Значит ли это, что город был заминирован и готов взорваться? Конечно нет. Ни в одном досье нельзя уловить запах зарождающейся революции. Аромат Просвещения – да; намек на идеологическую неприязнь – безусловно; но никакой угрозы государству. Полиция часто арестовывала парижан, которые открыто оскорбляли короля. Но в этом случае они устроили облаву по всем коллежам и кафе Парижа; и когда они поймали какое-то количество молодых аббатов и юристов, то обрушились на них со всей силой абсолютной власти короля. Зачем? Чтобы задать вопрос, который Эрвинг Гоффман, судя по рассказам, считал начальным пунктом всех исследований в науке: «Что происходит?»

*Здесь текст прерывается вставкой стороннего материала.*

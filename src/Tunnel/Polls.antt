-- ===== src/Tunnel/Polls.antt =====
-- The two waits of the tunnel: how long they can take, and when they end well.
use sand_d.Prelude.{
  ℕ, zero, suc, ◌+◌, ◌*◌, ◌≤◌, ◌<◌, String, Bool, true, false, Option, none, some, List, [], ◌∷◌,
  ◌++◌, ◌≡◌, ◌≢◌, ◌↔◌, refl, sym, eq_iff, arith, Bool-cases, Option-cases, inl, inr, ap, ◌∙◌,
}
use sand_d.Tunnel.{Step, sleep, Output, joined, address, await_ip, await_proxy}

abbrev millis : Step → ℕ
millis (sleep n) = n
millis _ = 0

-- The time that the steps of a run sleep.
unfoldable pub slept : List Step → ℕ
slept [] = 0
slept (s ∷ steps) = millis s + slept steps

pub slept-append : (a b : List Step) → slept (a ++ b) ≡ slept a + slept b
unfolding slept
slept-append [] b = omega arith
slept-append (s ∷ a) b = omega (arith, slept-append a b)

pub slept-await_proxy :
    (probes : ℕ → Bool) (fuel i : ℕ) → slept (await_proxy probes fuel i).0 ≤ 500 * fuel
unfolding slept await_proxy
slept-await_proxy probes zero i = omega arith
slept-await_proxy probes (suc fuel) i = ground (arith, slept-await_proxy probes fuel (i + 1))

abbrev pub ReadyWithin : (ℕ → Bool) → (fuel i : ℕ) → Type 0
ReadyWithin probes fuel i = (j : ℕ) × (j < fuel) × (probes (i + j) ≡ true)

ready_later :
    (probes : ℕ → Bool) (fuel i : ℕ)
    → ReadyWithin probes fuel (i + 1)
    → ReadyWithin probes (suc fuel) i
ready_later probes fuel i (j, h, r) = (suc j, omega arith, ap probes (omega arith) ∙ r)

ready_sooner :
    (probes : ℕ → Bool) (fuel i : ℕ)
    → probes i ≡ false
    → ReadyWithin probes (suc fuel) i
    → ReadyWithin probes fuel (i + 1)
ready_sooner probes fuel i n (zero, h, r) =
    let now : probes i ≡ true = ap probes (omega arith) ∙ r in absurd (ground (arith, n, now))
ready_sooner probes fuel i n (suc j, h, r) = (j, omega arith, ap probes (omega arith) ∙ r)

-- The wait for the proxy ends well exactly if one of the probes finds it.
pub await_proxy_iff :
    (probes : ℕ → Bool) (fuel i : ℕ)
    → ((await_proxy probes fuel i).1 ≡ true) ↔ ReadyWithin probes fuel i
unfolding await_proxy
await_proxy_iff probes zero i = (λ h. absurd (cc), λ (j, h, r). absurd (omega arith))
await_proxy_iff probes (suc fuel) i =
    let (to, from) = await_proxy_iff probes fuel (i + 1) in
    elim (Bool-cases (probes i)) [
      | inl r ↦ (λ _. (0, omega arith, ap probes (omega arith) ∙ r), λ _. rw (await_proxy, r) refl)
      | inr n ↦ (
        λ h. ready_later probes fuel i (to (ground (arith, n))),
        λ w. ground (arith, n, from (ready_sooner probes fuel i n w)),
      )
    ]

module _ (trim : String → String) (ips : ℕ → Option Output) where
  pub slept-await_ip : (fuel i : ℕ) → slept (await_ip trim ips fuel i).0 ≤ 1000 * fuel
  unfolding slept await_ip
  slept-await_ip zero i = omega arith
  slept-await_ip (suc fuel) i = ground (arith, slept-await_ip fuel (i + 1))

  abbrev AssignedWithin : (fuel i : ℕ) → Type 0
  AssignedWithin fuel i =
      (j : ℕ) × (a : String) × (j < fuel) × (address trim (ips (i + j)) ≡ some a)

  assigned_later : (fuel i : ℕ) → AssignedWithin fuel (i + 1) → AssignedWithin (suc fuel) i
  assigned_later fuel i (j, a, h, r) =
      (suc j, a, omega arith, ap (λ k. address trim (ips k)) (omega arith) ∙ r)

  assigned_sooner :
      (fuel i : ℕ)
      → address trim (ips i) ≡ none
      → AssignedWithin (suc fuel) i
      → AssignedWithin fuel (i + 1)
  assigned_sooner fuel i n (zero, a, h, r) =
      let now : address trim (ips i) ≡ some a = ap (λ k. address trim (ips k)) (omega arith) ∙ r in
      absurd (ground (arith, n, now))
  assigned_sooner fuel i n (suc j, a, h, r) =
      (j, a, omega arith, ap (λ k. address trim (ips k)) (omega arith) ∙ r)

  -- The wait for an address ends well exactly if one of the commands prints one.
  await_ip_iff : (fuel i : ℕ) → ((await_ip trim ips fuel i).1 ≡ joined) ↔ AssignedWithin fuel i
  unfolding await_ip
  await_ip_iff zero i = (λ h. absurd (cc), λ (j, a, h, r). absurd (omega arith))
  await_ip_iff (suc fuel) i =
      let (to, from) = await_ip_iff fuel (i + 1) in
      elim (Option-cases (address trim (ips i))) [
        | inr (a, r) ↦ (
          λ _. (0, a, omega arith, ap (λ k. address trim (ips k)) (omega arith) ∙ r),
          λ _. rw (await_ip, r) refl,
        )
        | inl n ↦ (
          λ h. assigned_later fuel i (to (ground (arith, n))),
          λ w. ground (arith, n, from (assigned_sooner fuel i n w)),
        )
      ]

zero_add : (j : ℕ) → 0 + j ≡ j
zero_add j = omega arith

-- A command that succeeds and prints an address.
abbrev pub HasPrinted : (trim : String → String) → Option Output → Type 0
HasPrinted trim look = (o : Output) × (look ≡ some o) × (o.success ≡ true) × (trim o.stdout ≢ "")

printed-address :
    (trim : String → String) (look : Option Output)
    → HasPrinted trim look
    → (a : String) × (address trim look ≡ some a)
unfolding address
printed-address trim look (o, l, s, n) =
    (trim o.stdout, ground (arith, l, s, eq_iff (trim o.stdout) ""))

address-printed :
    (trim : String → String) (look : Option Output) {a : String}
    → address trim look ≡ some a
    → HasPrinted trim look
unfolding address
address-printed trim none h = absurd (cc)
address-printed trim (some o) h =
    (o, refl, ground arith, λ e. ground (arith, eq_iff (trim o.stdout) ""))

-- One of the first looks finds an address.
abbrev pub PrintedWithin : (trim : String → String) → (ℕ → Option Output) → (fuel : ℕ) → Type 0
PrintedWithin trim ips fuel = (j : ℕ) × (j < fuel) × HasPrinted trim (ips j)

pub await_ip-PrintedWithin :
    (trim : String → String) (ips : ℕ → Option Output) (fuel : ℕ)
    → ((await_ip trim ips fuel 0).1 ≡ joined) ↔ PrintedWithin trim ips fuel
await_ip-PrintedWithin trim ips fuel =
    let (to, from) = await_ip_iff trim ips fuel 0 in
    (
      λ h.
          let (j, a, less, found) = to h in
          (
            j,
            less,
            address-printed trim (ips j)
                (ap (λ k. address trim (ips k)) (sym (zero_add j)) ∙ found),
          ),
      λ (j, less, shown).
          let (a, found) = printed-address trim (ips j) shown in
          from (j, a, less, ap (λ k. address trim (ips k)) (zero_add j) ∙ found),
    )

Операция кажется особенно загадочной, если обратить внимание на то, как ее проводили. Инициатива шла от самого могущественного человека во французском правительстве – графа д’Аржансона, так что полиция выполняла приказ с величайшим тщанием и соблюдая секретность. После кропотливых приготовлений они хватали одного подозреваемого за другим, и их жертвы исчезали в Бастилии, лишенные всякой связи с внешним миром. Проходили дни прежде, чем их друзья и родственники узнавали, что с ними случилось. Глава Коллеж де Наварр, где учились два подозреваемых студента, писал отчаянные письма генерал-лейтенанту, спрашивая, не находила ли полиция их тела. Это были примерные студенты, неспособные на преступление, он настоятельно просил: «Если вам известно что-то об их судьбе, во имя Бога, скажите, живы они или мертвы. Из-за этой неясности мое положение еще хуже, чем у них. Их уважаемые друзья и родственники спрашивают меня каждый час о том, что с ними случилось»[23].
Такая скрытность позволяла полиции следовать по цепочке, не спугнув автора. Как и в случае с Бони, они использовали разные ухищрения, чтобы заманить подозреваемых в экипаж и мгновенно умчать их в Бастилию. Обычно они давали жертве пакет и говорили, что его передает человек в экипаже, желающий обсудить с ними некое дело. Никто из подозреваемых не смог устоять против искушения любопытством. И все они бесследно исчезли с улиц Парижа. Полицейские превозносили свой профессионализм в отчетах д’Аржансону, а он поздравлял их с успехами. После первого ареста он приказал Беррье удвоить старания, чтобы власти могли «по возможности достичь источника этой мерзости»[24]. После второго ареста он снова стал подгонять генерал-лейтенанта: «Месье, мы не должны позволить нити ускользнуть от нас теперь, когда она в наших руках. Напротив, мы должны добраться до ее начала, как бы высоко она ни вела»[25]. После пяти арестов д’Аржансон ликовал:
Месье, это дело расследовали, прилагая все внимание и сообразительность; и если мы зашли так далеко, то просто обязаны довести его до конца… Вчера вечером, на рабочем заседании с королем, я предоставил ему полный отчет о течении этого дела, о котором не упоминал со времени ареста первого из них, преподавателя у иезуитов. Мне кажется, король был очень доволен тем, что уже сделано, и хочет, чтобы мы довели все до конца. Этим утром я покажу ему письмо, которое вы написали вчера, и так буду поступать со всей информацией по делу[26].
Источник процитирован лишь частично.